--- Supplied entries ---
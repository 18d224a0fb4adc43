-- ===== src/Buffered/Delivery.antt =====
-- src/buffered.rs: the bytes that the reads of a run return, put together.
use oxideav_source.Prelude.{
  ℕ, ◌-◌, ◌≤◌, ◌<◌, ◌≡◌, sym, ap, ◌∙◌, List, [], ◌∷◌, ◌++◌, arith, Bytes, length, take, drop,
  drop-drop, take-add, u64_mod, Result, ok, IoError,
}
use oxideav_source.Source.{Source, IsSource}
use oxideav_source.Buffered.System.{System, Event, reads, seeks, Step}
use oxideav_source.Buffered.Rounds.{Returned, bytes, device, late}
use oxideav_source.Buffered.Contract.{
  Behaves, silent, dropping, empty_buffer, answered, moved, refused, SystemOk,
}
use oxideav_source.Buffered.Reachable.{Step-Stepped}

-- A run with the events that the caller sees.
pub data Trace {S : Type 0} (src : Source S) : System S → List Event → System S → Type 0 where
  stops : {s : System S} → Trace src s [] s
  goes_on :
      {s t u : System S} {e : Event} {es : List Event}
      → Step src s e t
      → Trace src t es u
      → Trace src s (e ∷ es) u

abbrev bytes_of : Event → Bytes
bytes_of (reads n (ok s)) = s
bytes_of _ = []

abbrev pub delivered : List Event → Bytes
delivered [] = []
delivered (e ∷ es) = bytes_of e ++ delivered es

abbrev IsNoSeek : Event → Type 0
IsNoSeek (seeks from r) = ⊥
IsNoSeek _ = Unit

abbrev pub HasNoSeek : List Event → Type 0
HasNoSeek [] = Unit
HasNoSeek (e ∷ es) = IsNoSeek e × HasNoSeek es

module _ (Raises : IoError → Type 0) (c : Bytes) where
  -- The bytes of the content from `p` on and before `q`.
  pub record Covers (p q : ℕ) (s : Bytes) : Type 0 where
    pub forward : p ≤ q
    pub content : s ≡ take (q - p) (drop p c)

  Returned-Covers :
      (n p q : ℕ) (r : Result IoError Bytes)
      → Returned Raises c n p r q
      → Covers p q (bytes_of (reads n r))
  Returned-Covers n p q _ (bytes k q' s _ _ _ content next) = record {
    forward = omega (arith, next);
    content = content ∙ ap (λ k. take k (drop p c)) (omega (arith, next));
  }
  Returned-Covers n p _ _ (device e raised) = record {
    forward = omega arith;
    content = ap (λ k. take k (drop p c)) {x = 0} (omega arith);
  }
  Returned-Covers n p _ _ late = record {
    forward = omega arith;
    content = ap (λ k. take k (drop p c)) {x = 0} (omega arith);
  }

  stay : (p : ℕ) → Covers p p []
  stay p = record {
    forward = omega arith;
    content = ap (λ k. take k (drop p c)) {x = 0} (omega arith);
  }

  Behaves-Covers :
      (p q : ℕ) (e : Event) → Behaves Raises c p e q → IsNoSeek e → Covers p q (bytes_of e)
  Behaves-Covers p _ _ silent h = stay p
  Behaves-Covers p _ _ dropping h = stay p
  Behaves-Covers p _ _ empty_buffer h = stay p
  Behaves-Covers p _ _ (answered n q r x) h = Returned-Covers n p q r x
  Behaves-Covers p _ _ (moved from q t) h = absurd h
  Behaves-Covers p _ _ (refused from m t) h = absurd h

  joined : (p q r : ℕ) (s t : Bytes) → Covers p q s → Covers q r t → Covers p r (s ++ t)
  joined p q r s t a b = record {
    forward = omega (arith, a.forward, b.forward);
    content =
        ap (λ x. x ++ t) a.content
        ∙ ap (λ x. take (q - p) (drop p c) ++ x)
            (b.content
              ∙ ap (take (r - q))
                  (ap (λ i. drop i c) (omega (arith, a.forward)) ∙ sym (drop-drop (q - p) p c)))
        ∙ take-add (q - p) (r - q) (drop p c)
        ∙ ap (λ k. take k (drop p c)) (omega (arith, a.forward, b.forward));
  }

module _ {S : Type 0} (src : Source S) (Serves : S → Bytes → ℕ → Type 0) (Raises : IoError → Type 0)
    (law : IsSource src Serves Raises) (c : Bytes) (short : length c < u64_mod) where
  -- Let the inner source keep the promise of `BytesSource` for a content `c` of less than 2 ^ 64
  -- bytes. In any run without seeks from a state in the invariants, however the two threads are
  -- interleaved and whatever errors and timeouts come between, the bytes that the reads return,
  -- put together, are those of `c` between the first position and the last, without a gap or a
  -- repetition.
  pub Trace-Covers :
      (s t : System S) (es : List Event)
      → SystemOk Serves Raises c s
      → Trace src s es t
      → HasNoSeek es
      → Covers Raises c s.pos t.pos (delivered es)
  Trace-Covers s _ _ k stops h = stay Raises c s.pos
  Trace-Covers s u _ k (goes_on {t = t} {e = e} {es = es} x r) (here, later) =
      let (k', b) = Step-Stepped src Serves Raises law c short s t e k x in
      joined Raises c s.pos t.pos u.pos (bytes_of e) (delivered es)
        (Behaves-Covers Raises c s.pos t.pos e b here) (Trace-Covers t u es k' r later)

--- Work to complete ---
Nothing but a number belongs in the answer: the tally of lines in the data holding "module".

--- Answer section ---
2